That's absolutely spot on. This is why Hans Z really had no chance unfortunately. The film. It's not an 'Oscars' film. Not political enough. This is what makes the Oscars and Baftas a load of bollocks.

The history of the Oscars has always illustrated how to hand out meaningless awards almost as a consolation prize to the 'other' nominated films that didn't win a main award. In the old days, Edith Head (who was brilliant btw) or Patrizia Von Brandenstein just won costume awards every other year.

Actually managed to win money this year but only because I just did a super yankee of the favourites who more or less won the main categories.

The fact that the music wins because it serves the picture best brings out absolute flippancy in me thats for sure.

Bernard Herrmann won one *ONE* Oscar for music. Goldsmith won one. 

This is because their music prior to, or afterwards, did NOT SERVE THE FUCKING [email protected][email protected]!!!

Thomas Newman. No wins! NADA!!!! HIS MUSIC IS OBVIOUSLY BOLLOCKS!!!!!! HIS TECHNIQUE IS ALL TO FUCKING COCK>Someone please tell him before it's too late.


----------



## EastWest Lurker (Feb 23, 2015)

I said that is how it is SUPPOSED to be voted on, not how it actually is. Most times it goes to a popular composer everyone knows is supposed to be good for a picture most of them like.

One of the best scores of Goldsmith's was for a bad film called "The Tennis Player." Bad film, score made it tolerable to watch.


----------



## AC986 (Feb 23, 2015)

The Academy wouldn't its ass from its elbow. Especially when it comes to scores.
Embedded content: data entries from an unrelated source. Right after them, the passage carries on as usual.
-- ===== src/PartTokens/Gather.antt =====
-- core/part_token.go: the tokens that `GetTokens` returns are worth what was asked for.
use rubixgoplatform.Prelude.{
  ℕ, ◌+◌, ◌*◌, ◌/◌, ◌%◌, ◌<◌, ◌≡◌, List, [], ◌∷◌, ◌++◌, some, none, Bool, true, false, ◌==◌, ltb,
  refl, if◌then◌else◌, ◌⊎◌, inl, inr, sym, ◌∙◌, ap, arith, Bool-cases, Option-cases, ==_iff, subst,
}
use rubixgoplatform.Storage.Rows.{Table}
use rubixgoplatform.Storage.Effects.{
  Result, ok, err, Exec, pure, split_error, no_records, db_error, not_locked, not_pledged,
  not_unpledged, insufficient, too_large, nil_pointer, no_token,
}
use rubixgoplatform.Wallet.Token.{Token, key}
use rubixgoplatform.Wallet.Tokens.{get_whole_tokens, get_tokens_by_limit, get_closer_token}
use rubixgoplatform.Wallet.Locking.{ok_eq, err≢ok}
use rubixgoplatform.Wallet.Closest.{get_closer_token-Picks, NoneCovers, get_closer_token-no_records}
use rubixgoplatform.Wallet.LockLoop.{Stands}
use rubixgoplatform.Wallet.WholeTokens.{IsOffered, get_whole_tokens-TakesWhole}
use rubixgoplatform.PartTokens.{
  ChainWork, find_exact, fit_loop, last_closer, fit_parts, take_parts, with_parts, core_get_tokens,
}
use rubixgoplatform.PartTokens.Split.{total, after-ok}
use rubixgoplatform.PartTokens.Adding.{
  no_value, total-append, find_exact-value, fit_loop-total, above, total-whole, split_closer-total,
  split_part-total, split_last-total,
}

module _ (g : Table Token key) (dc : Bool) (w : ChainWork) (did : ℕ) where
  -- The tokens are worth the value; or they are worth less, and no free token of the owner in the
  -- table covers what is missing, unless the query for parts fails on it.
  abbrev pub Gathers : ℕ → List Token → g.Db → Type 0
  Gathers value ts d =
      (total ts ≡ value)
      ⊎ ((missing : ℕ) × (0 < missing) × (total ts + missing ≡ value) × NoneCovers g did missing d)

  last_closer-Gathers :
      (wt : List Token) (rem : ℕ) (r : Result Token) (d d1 d' : g.Db) {ts : List Token}
      → 0 < rem
      → get_closer_token g did rem d ≡ (r, d1)
      → d1 ≡ d
      → last_closer g dc w did wt rem r d1 ≡ (ok ts, d')
      → Gathers (total wt + rem) ts d'
  unfolding last_closer
  last_closer-Gathers wt rem (ok t) d d1 d' pos at same h =
      inl (split_last-total g dc w did wt rem t d1 d' h)
  last_closer-Gathers wt rem (err no_records) d d1 d' {ts} pos at same h =
      let left : d1 ≡ d' = ap (λ z. z.1) h in
      inr (
        rem,
        pos,
        ap (λ ts. total ts + rem) (ok_eq (sym (ap (λ z. z.0) h))),
        get_closer_token-no_records g did rem d' (
            subst (λ z. get_closer_token g did rem z ≡ (err no_records, z)) (sym same ∙ left)
              (at ∙ ap (λ z. (err no_records, z)) same)),
      )
  last_closer-Gathers wt rem (err db_error) d d1 d' pos at same h =
      absurd (err≢ok (ap (λ z. z.0) h))
  last_closer-Gathers wt rem (err not_locked) d d1 d' pos at same h =
      absurd (err≢ok (ap (λ z. z.0) h))
  last_closer-Gathers wt rem (err not_pledged) d d1 d' pos at same h =
      absurd (err≢ok (ap (λ z. z.0) h))
  last_closer-Gathers wt rem (err not_unpledged) d d1 d' pos at same h =
      absurd (err≢ok (ap (λ z. z.0) h))
  last_closer-Gathers wt rem (err insufficient) d d1 d' pos at same h =
      absurd (err≢ok (ap (λ z. z.0) h))
  last_closer-Gathers wt rem (err too_large) d d1 d' pos at same h =
      absurd (err≢ok (ap (λ z. z.0) h))
  last_closer-Gathers wt rem (err nil_pointer) d d1 d' pos at same h =
      absurd (err≢ok (ap (λ z. z.0) h))
  last_closer-Gathers wt rem (err no_token) d d1 d' pos at same h =
      absurd (err≢ok (ap (λ z. z.0) h))
  last_closer-Gathers wt rem (err split_error) d d1 d' pos at same h =
      absurd (err≢ok (ap (λ z. z.0) h))

  closer_same : (rem : ℕ) (d : g.Db) → (get_closer_token g did rem d).1 ≡ d
  closer_same rem d = elim (get_closer_token-Picks g did rem d) [
    | inl (e, failed) ↦ ap (λ z. z.1) failed
    | inr (t, found, _, _) ↦ ap (λ z. z.1) found
  ]

  some_left :
      (wt taken : List Token) (rem : ℕ) (rpt : List Token) (d d' : g.Db) {ts : List Token}
      → (rem == 0) ≡ false
      → fit_parts g dc w did wt (taken, rem, rpt) d ≡ (ok ts, d')
      → Gathers (total (wt ++ taken) + rem) ts d'
  unfolding fit_parts
  some_left wt taken rem [] d d' more h =
      let (r, d1) = get_closer_token g did rem d in
      last_closer-Gathers (wt ++ taken) rem r d d1 d' (above rem more) refl (closer_same rem d)
        (rw (more, fit_parts) at h)
  some_left wt taken rem (t ∷ rpt) d d' more h =
      inl (split_part-total g dc w did (wt ++ taken) rem t rpt d d' (rw (more, fit_parts) at h))

  fit_parts-Gathers :
      (wt taken : List Token) (rem : ℕ) (rpt : List Token) (d d' : g.Db) {ts : List Token}
      → fit_parts g dc w did wt (taken, rem, rpt) d ≡ (ok ts, d')
      → Gathers (total (wt ++ taken) + rem) ts d'
  unfolding fit_parts
  fit_parts-Gathers wt taken rem rpt d d' {ts} h = elim (Bool-cases (rem == 0)) [
    | inl whole ↦
        let now = ap (λ z. z.0) (rw (whole, fit_parts) at h) in
        inl (ap total (ok_eq (sym now)) ∙ omega (arith, (==_iff rem 0).0 whole))
    | inr more ↦ some_left wt taken rem rpt d d' more h
  ]

  chosen-value :
      (b : Bool) (rem : ℕ) (pt : List Token) {z : Token × List Token}
      → (if b then find_exact rem pt else none) ≡ some z
      → z.0.token_value ≡ rem
  chosen-value true rem pt h = find_exact-value rem pt h
  chosen-value false rem pt h = absurd (no_value h)

  Gathers-eq : {m n : ℕ} (ts : List Token) (d : g.Db) → m ≡ n → Gathers m ts d → Gathers n ts d
  Gathers-eq ts d e h = subst (λ n. Gathers n ts d) e h

  take_parts-Gathers :
      (wt : List Token) (rem : ℕ) (pt : List Token) (d d' : g.Db) {ts : List Token}
      → take_parts g dc w did wt rem pt d ≡ (ok ts, d')
      → Gathers (total wt + rem) ts d'
  unfolding take_parts
  take_parts-Gathers wt rem pt d d' {ts} h =
      elim (Option-cases (if ltb rem 1000 then find_exact rem pt else none)) [
        | inl missing ↦
            let (taken, left, rpt) = fit_loop rem pt in
            let now : fit_parts g dc w did wt (fit_loop rem pt) d ≡ (ok ts, d') =
              rw (missing, take_parts) at h in
            Gathers-eq ts d' (omega (arith, total-append wt taken, fit_loop-total rem pt))
              (fit_parts-Gathers wt taken left rpt d d' now)
        | inr (z, found) ↦
            let now = ap (λ z. z.0) (rw (found, take_parts) at h) in
            inl (
              ap total (ok_eq (sym now))
              ∙ total-append wt (z.0 ∷ [])
              ∙ omega (arith, chosen-value (ltb rem 1000) rem pt found))
      ]

  with_parts-Gathers :
      (wt : List Token) (rem : ℕ) (r : Result (List Token)) (d d' : g.Db) {ts : List Token}
      → with_parts g dc w did wt rem r d ≡ (ok ts, d')
      → Gathers (total wt + rem) ts d'
  unfolding with_parts
  with_parts-Gathers wt rem (err e) d d' h = inl (split_closer-total g dc w did wt rem d d' h)
  with_parts-Gathers wt rem (ok []) d d' h = inl (split_closer-total g dc w did wt rem d d' h)
  with_parts-Gathers wt rem (ok (t ∷ pt)) d d' h = take_parts-Gathers wt rem (t ∷ pt) d d' h

  -- The whole tokens, and how many are missing.
  whole-total :
      (num mode : ℕ) (d d1 : g.Db) {wt : List Token} {left : ℕ}
      → get_whole_tokens g did num mode d ≡ (ok (wt, left), d1)
      → total wt + 1000 * left ≡ 1000 * num
  whole-total num mode d d1 {wt} {left} h = elim (get_whole_tokens-TakesWhole g did num mode d) [
    | inl (e, d2, failed, _) ↦ absurd (err≢ok (ap (λ z. z.0) (sym failed ∙ h)))
    | inr (t, d2, found, taken, _, _) ↦
        let same = ok_eq (ap (λ z. z.0) (sym found ∙ h)) in
        let few = taken.2 in
        ap (λ (z : List Token × ℕ). total z.0 + 1000 * z.1) (sym same)
        ∙ omega (arith, few, total-whole (Stands g (IsOffered mode) did d) t taken.0 (λ t s. s.2.0))
  ]

  first-total :
      (value mode : ℕ) (d d1 : g.Db) {wt : List Token} {left : ℕ}
      → (if value / 1000 == 0 then pure ([], 0) else get_whole_tokens g did (value / 1000) mode) d
        ≡ (ok (wt, left), d1)
      → total wt + 1000 * left ≡ 1000 * (value / 1000)
  first-total value mode d d1 {wt} {left} h = elim (Bool-cases (value / 1000 == 0)) [
    | inl small ↦
        let same = ok_eq (ap (λ z. z.0) (rw small at h)) in
        ap (λ (z : List Token × ℕ). total z.0 + 1000 * z.1) (sym same)
        ∙ omega (arith, (==_iff (value / 1000) 0).0 small)
    | inr large ↦ whole-total (value / 1000) mode d d1 {wt = wt} {left = left} (rw large at h)
  ]

  -- What `GetTokens` returns is worth the value that was asked for; or it is worth less, and the
  -- table that is left has no free whole token of the owner, and no free part of theirs that covers
  -- what is missing, or fails to answer the query for such parts.
  pub core_get_tokens-Gathers :
      (value mode : ℕ) (d d' : g.Db) (ts : List Token)
      → core_get_tokens g dc w did value mode d ≡ (ok ts, d')
      → Gathers value ts d'
  unfolding core_get_tokens
  core_get_tokens-Gathers value mode d d' ts h =
      let first : Exec g.Db (List Token × ℕ) =
        (if value / 1000 == 0 then pure ([], 0) else get_whole_tokens g did (value / 1000) mode) in
      let ((wt, left), d1, found, h1) = after-ok (first d) _ h in
      let rem = value % 1000 + 1000 * left in
      let whole = first-total value mode d d1 {wt = wt} {left = left} found in
      elim (Bool-cases (rem == 0)) [
        | inl none_left ↦ inl (
            ap total (ok_eq (sym (ap (λ z. z.0) (rw none_left at h1))))
            ∙ omega (arith, whole, (==_iff rem 0).0 none_left))
        | inr more ↦
            let (r, d2) = get_tokens_by_limit g did rem d1 in
            Gathers-eq ts d' (omega (arith, whole))
              (with_parts-Gathers wt rem r d2 d' (rw more at h1))
      ]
Thomas Newman has been nominated 12 times.

Some of those scores NOT ONLY do what they're SUPPOSED to do, they are actually little works of BIG art. THAT IS NOT JUST OPINION!!!!!


----------



## Soundhound (Feb 23, 2015)

Well the way it works is everyone in the academy votes to nominate in their own category and for best picture. Then when the nominations comes out, everybody votes in all categories. It functions as a trade show for the people in the industry and an industry advertisement to the audience at large. Its amazingly effective in that regard. (My wife is in the academy, so I'm not talking totally out of my ass. Mostly, but not all).


----------



## gsilbers (Feb 23, 2015)

JohnG @ Mon Feb 23 said:


> and how about Lady Gaga? If that was not pre-recorded, she can really sing.


I think she always could sing and she is talented. she is isn't that pretty so that's why they kept putting all those masks and weird fashion until recently. 
her singing was good but the show was a little boring. they kept it simple. im guessing the shock of having her sing something good w/o make up or weird background was the shock in itself. 
also, didn't she have a back injury? maybe that's why it was kept simple. 
a duet with the original singer would of been nice. (forgot her name.)


----------



## EastWest Lurker (Feb 23, 2015)

Lady Gaga is the real deal: plays great, sings great, comfortable in many genres.


----------



## Guy Rowland (Feb 23, 2015)

Soundhound @ Mon Feb 23 said:


> Well the way it works is everyone in the academy votes to nominate in their own category and for best picture. Then when the nominations comes out, everybody votes in all categories. It functions as a trade show for the people in the industry and an industry advertisement to the audience at large. Its amazingly effective in that regard. (My wife is in the academy, so I'm not talking totally out of my ass. Mostly, but not all).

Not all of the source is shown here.